Utica, Mississippi is my home and has been the home of my people for eight generations. Our relationship to this community is deeply entangled with the land, with agriculture and food. Growing has been a part of our community identity, and for many, both in and out of Mississippi, a part of the regional identity. Mississippi, the Delta, cotton, plantations, sharecropping – these words all tie together in an imbalanced tale of Black bodies and White power. But this convergence of images only gets at part of the story. Food, in our southern Black community is also a spiritual practice and for many a religious experience. The community I grew up in around the Paige Grove church didn’t know hunger. Everybody that I knew – children, adults, and elders – were intimately connected to a grower or producer. Corn, sugar cane, peas, greens, tomatoes, okra, pork, beef, venison, chicken, turkey, fish – it all came from the community. If you didn’t grow something, somebody you were directly connected to did, and you probably made other types of contributions important and essential to the community, like being a mechanic or a carpenter or a teacher. Whatever it was, you had sumpin t’ eat. That was never a community concern. So, even as a child, there was a slight oddity to see these same people lining up to receive a box of processed food. But it was free, and for a people that have been denied all manner of support in their quest for independence and freedom, a box of free food, even if it doesn’t meet their own production standards, is still rightfully theirs.
Fast forward to a few weeks ago, for maybe the fourth or fifth time, I stood outside the Utica community center with local elected officials handing out boxes of food to my neighbors, my elders, my cousins and friends. This COVID-19 moment has returned me to this familiar image. My people lining up for food. The difference, in this moment, are these lines are not filled with farmers and producers. It’s filled with teachers and essential workers, elders and retirees. Our community no longer has a grocery store, so every bag of potatoes, every gallon of milk, every bag of processed chicken nuggets is important.

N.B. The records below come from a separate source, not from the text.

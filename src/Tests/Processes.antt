-- ===== src/Tests/Processes.antt =====
-- The tasks on a machine that numbers its processes and whose servers answer at the second poll.
use ticket_genius.Prelude.{
  ℕ, suc, ◌≡◌, refl, ◌⊎◌, Bool, true, false, Option, none, some, List, [], ◌∷◌, ◌==◌, if◌then◌else◌,
}
use ticket_genius.Prelude.Int.{ℤ, pos, negsuc}
use ticket_genius.Prelude.Text.{Text, codes}
use ticket_genius.Python.{Result, ok, err, value_error}
use ticket_genius.Tasks.{
  Host, World, sent, no_such_process, start, stop_server, start_server, restart, watch,
  unless_raised,
}
use ticket_genius.Tasks.Laws.{SignalsTarget, left, tracked, stop_server_lem, start_server-tracks}
use ticket_genius.Tasks.Commands.{py_filter, test_command, sync_plans_argv}

-- A number in the file is one code, with 1 before it if it is negative.
abbrev read_pid : Text → Result ℤ
read_pid [] = err (value_error [])
read_pid (n ∷ []) = ok (pos n)
read_pid (n ∷ m ∷ ms) = ok (negsuc n)

abbrev write_pid : ℤ → Text
write_pid (pos n) = n ∷ []
write_pid (negsuc n) = n ∷ 1 ∷ []

read_pid-write_pid : (pid : ℤ) → read_pid (write_pid pid) ≡ ok pid
read_pid-write_pid (pos n) = refl
read_pid-write_pid (negsuc n) = refl

-- Its state counts the calls; every process is called python.
abbrev machine : Host
machine = record {
  State = ℕ;
  comm = λ pid s. codes "python3";
  kill = λ pid s. (sent, suc s);
  popen = λ port debug s. (ok (pos s), suc s);
  answers = λ port s. (s == 9, suc s);
  sleep = suc;
  pid_of = read_pid;
  str_pid = write_pid;
  pid_of-str_pid = read_pid-write_pid;
}

abbrev running : World machine
running = record { host = 6; pid_file = some (5 ∷ []); signalled = [] }

start_answers :
    start_server machine 5000 false running
    ≡ (ok (some (pos 6)), record { host = 10; pid_file = some (6 ∷ []); signalled = [] })
unfolding start_server ticket_genius.Tasks.poll
start_answers = refl

stops : (stop_server machine running).1.signalled ≡ pos 5 ∷ []
unfolding stop_server ticket_genius.Tasks.stop_process ticket_genius.Tasks.looks_like_server
    ticket_genius.Prelude.Text.contains
stops = refl

stop_server_lem_example :
    SignalsTarget machine running (stop_server machine running).1
    × ((stop_server machine running).1.pid_file ≡ left machine running.pid_file)
stop_server_lem_example = stop_server_lem machine running

start_server-tracks_example :
    let (r, w') = start_server machine 5000 false running in w'.pid_file ≡ tracked machine r
start_server-tracks_example = start_server-tracks machine 5000 false running

filter_source : py_filter (codes "app.py") ≡ true
unfolding py_filter ticket_genius.Tasks.Commands.ends_with ticket_genius.Prelude.Text.text_eq
    ticket_genius.Prelude.Text.contains
filter_source = refl

filter_excluded : py_filter (codes ".venv/x.py") ≡ false
unfolding py_filter ticket_genius.Tasks.Commands.ends_with ticket_genius.Prelude.Text.text_eq
    ticket_genius.Prelude.Text.contains
filter_excluded = refl

test_unit : test_command true false true false ≡ codes "python -m pytest -v tests/unit"
unfolding test_command
test_unit = refl

sync_argv :
    sync_plans_argv (some []) true false
    ≡ codes "cli" ∷ codes "sync-plans" ∷ codes "--stale-only" ∷ []
unfolding sync_plans_argv
sync_argv = refl
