-- ===== src/Ticketmaster/Commerce/Laws.antt =====
-- The calls of the Commerce API are idempotent, and the adapter's seat holds are those of
-- service_layer/seat_holds.py.
use mathlib.Core.Path.{ap₂}
use ticket_genius.Prelude.{
  ℕ, ◌≡◌, refl, sym, ◌∙◌, false, Option, none, some, List, [], ◌∷◌, ◌++◌, arith, if◌then◌else◌, ap,
}
use ticket_genius.Prelude.Int.{ℤ}
use ticket_genius.Prelude.Text.{Text, codes, text_eq_iff}
use ticket_genius.Python.{ok}
use ticket_genius.Python.Json.{Json}
use ticket_genius.Python.Std.{Std}
use ticket_genius.Domain.Values.{Uuid}
use ticket_genius.Redis.{Redis}
use ticket_genius.SeatHolds
use ticket_genius.SeatHolds.{hold_key, delete_holds, acquire_loop, seat_hold_ttl}
use ticket_genius.Ticketmaster.Commerce.{
  remember, new_offer, new_acceptance, create_order, accept_offer, give_back, hold_loop,
  acquire_seat_holds,
}

module _ (R : Redis) (std : Std) where
  -- What is remembered under a free key is given back for it from then on.
  remember_twice :
      (key : Text) (result other : Json) (s : R.State)
      → R.get key s ≡ none
      → let (first, after) = remember R std key result (some s) in
        (first ≡ ok result) × ((remember R std key other after).0 ≡ ok result)
  unfolding remember
  remember_twice key result other s free = ground (
    arith,
    R.get-setex key (std.dumps result) 86400 s key,
    text_eq_iff key key,
    std.loads-dumps result,
    std.dumps_given result,
  )

  -- While its key is kept, which was free before, a second offer for one key returns the first, whatever
  -- plan, quantity, seats and time it is asked for.
  pub create_order_once :
      (plan other : Text) (quantity amount : ℤ) (seats others : List Text) (key : Text)
      (now later : ℕ) (s : R.State)
      → R.get (codes "tm:offer:" ++ key) s ≡ none
      → let (first, after) = create_order R std plan quantity seats key now (some s) in
        (create_order R std other amount others key later after).0 ≡ first
  unfolding create_order
  create_order_once plan other quantity amount seats others key now later s free =
      let both =
        remember_twice (codes "tm:offer:" ++ key) (new_offer plan quantity seats key now)
          (new_offer other amount others key later) s free in
      both.1 ∙ sym both.0

  -- While its key is kept, a second acceptance for one idempotency key returns the first, whatever
  -- offer and seats it names; the key was free before the first.
  pub accept_offer_once :
      (offer other : Text) (seats others : List Text) (key : Text) (s : R.State)
      → R.get (codes "tm:accept:" ++ key) s ≡ none
      → let (first, after) = accept_offer R std offer key seats (some s) in
        (accept_offer R std other key others after).0 ≡ first
  unfolding accept_offer
  accept_offer_once offer other seats others key s free =
      let both =
        remember_twice (codes "tm:accept:" ++ key) (new_acceptance offer seats)
          (new_acceptance other others) s free in
      both.1 ∙ sym both.0

  give_back-eq :
      (plan_id : Uuid) (seats : List Text) (s : R.State)
      → give_back R std plan_id seats s ≡ delete_holds R plan_id seats s
  unfolding give_back delete_holds hold_key
  give_back-eq plan_id [] s = refl
  give_back-eq plan_id (seat ∷ seats) s =
      give_back-eq plan_id seats (R.delete (hold_key plan_id seat) s)

  hold_loop-eq :
      (plan_id order_id : Uuid) (acquired seats : List Text) (s : R.State)
      → hold_loop R std plan_id order_id acquired seats s
        ≡ acquire_loop R plan_id order_id acquired seats s
  unfolding hold_loop acquire_loop hold_key
  hold_loop-eq plan_id order_id acquired [] s = refl
  hold_loop-eq plan_id order_id acquired (seat ∷ seats) s =
      let tried = R.set_nx (hold_key plan_id seat) order_id seat_hold_ttl s in
      ap₂ (λ rest back. if tried.0 then rest else (false, back))
        (hold_loop-eq plan_id order_id (acquired ++ seat ∷ []) seats tried.1)
        (give_back-eq plan_id acquired tried.1)

  -- The adapter acquires seats exactly as the function of service_layer/seat_holds.py does.
  pub acquire_seat_holds-eq :
      (plan_id : Uuid) (seats : List Text) (order_id : Uuid) (client : Option R.State)
      → acquire_seat_holds R std plan_id seats order_id client
        ≡ SeatHolds.acquire_seat_holds R plan_id seats order_id client
  unfolding acquire_seat_holds SeatHolds.acquire_seat_holds
  acquire_seat_holds-eq plan_id seats order_id none = refl
  acquire_seat_holds-eq plan_id seats order_id (some s) =
      ap (λ r. (r.0, some r.1)) (hold_loop-eq plan_id order_id [] seats s)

Even more so because now children are at home all day, every day, so the grocery bills are skyrocketing as unemployment benefits and supplementary food programs are being cut.
As Mississippi makes national news for being the epicenter of a global pandemic with a positive test rate of 23%, we can’t help but recognize the way this virus is ravaging Black bodies. Those with underlying conditions of hypertension, obesity, and diabetes are taking this pandemic on the chin, as our people are hospitalized and die at a disproportionate rate than our white counterparts. Years of food with insufficient nutritional value, coupled with food policies that have crippled Black farm production, has once again placed our lives on the frontline of yet another national tragedy.
This image of my community lining up to receive boxes of subsidized food was not an image I was interested in witnessing again. But it does have its uses. I want to make this image a reminder of what is possible in this moment, a transition from a community of consumers to a community of producers. This letter is an open invitation for my community and every community to take control of the food production needed to keep people fed, healthy and cared for. We have the land. We have the knowledge. I pray we have the will! Our lives literally depend on it.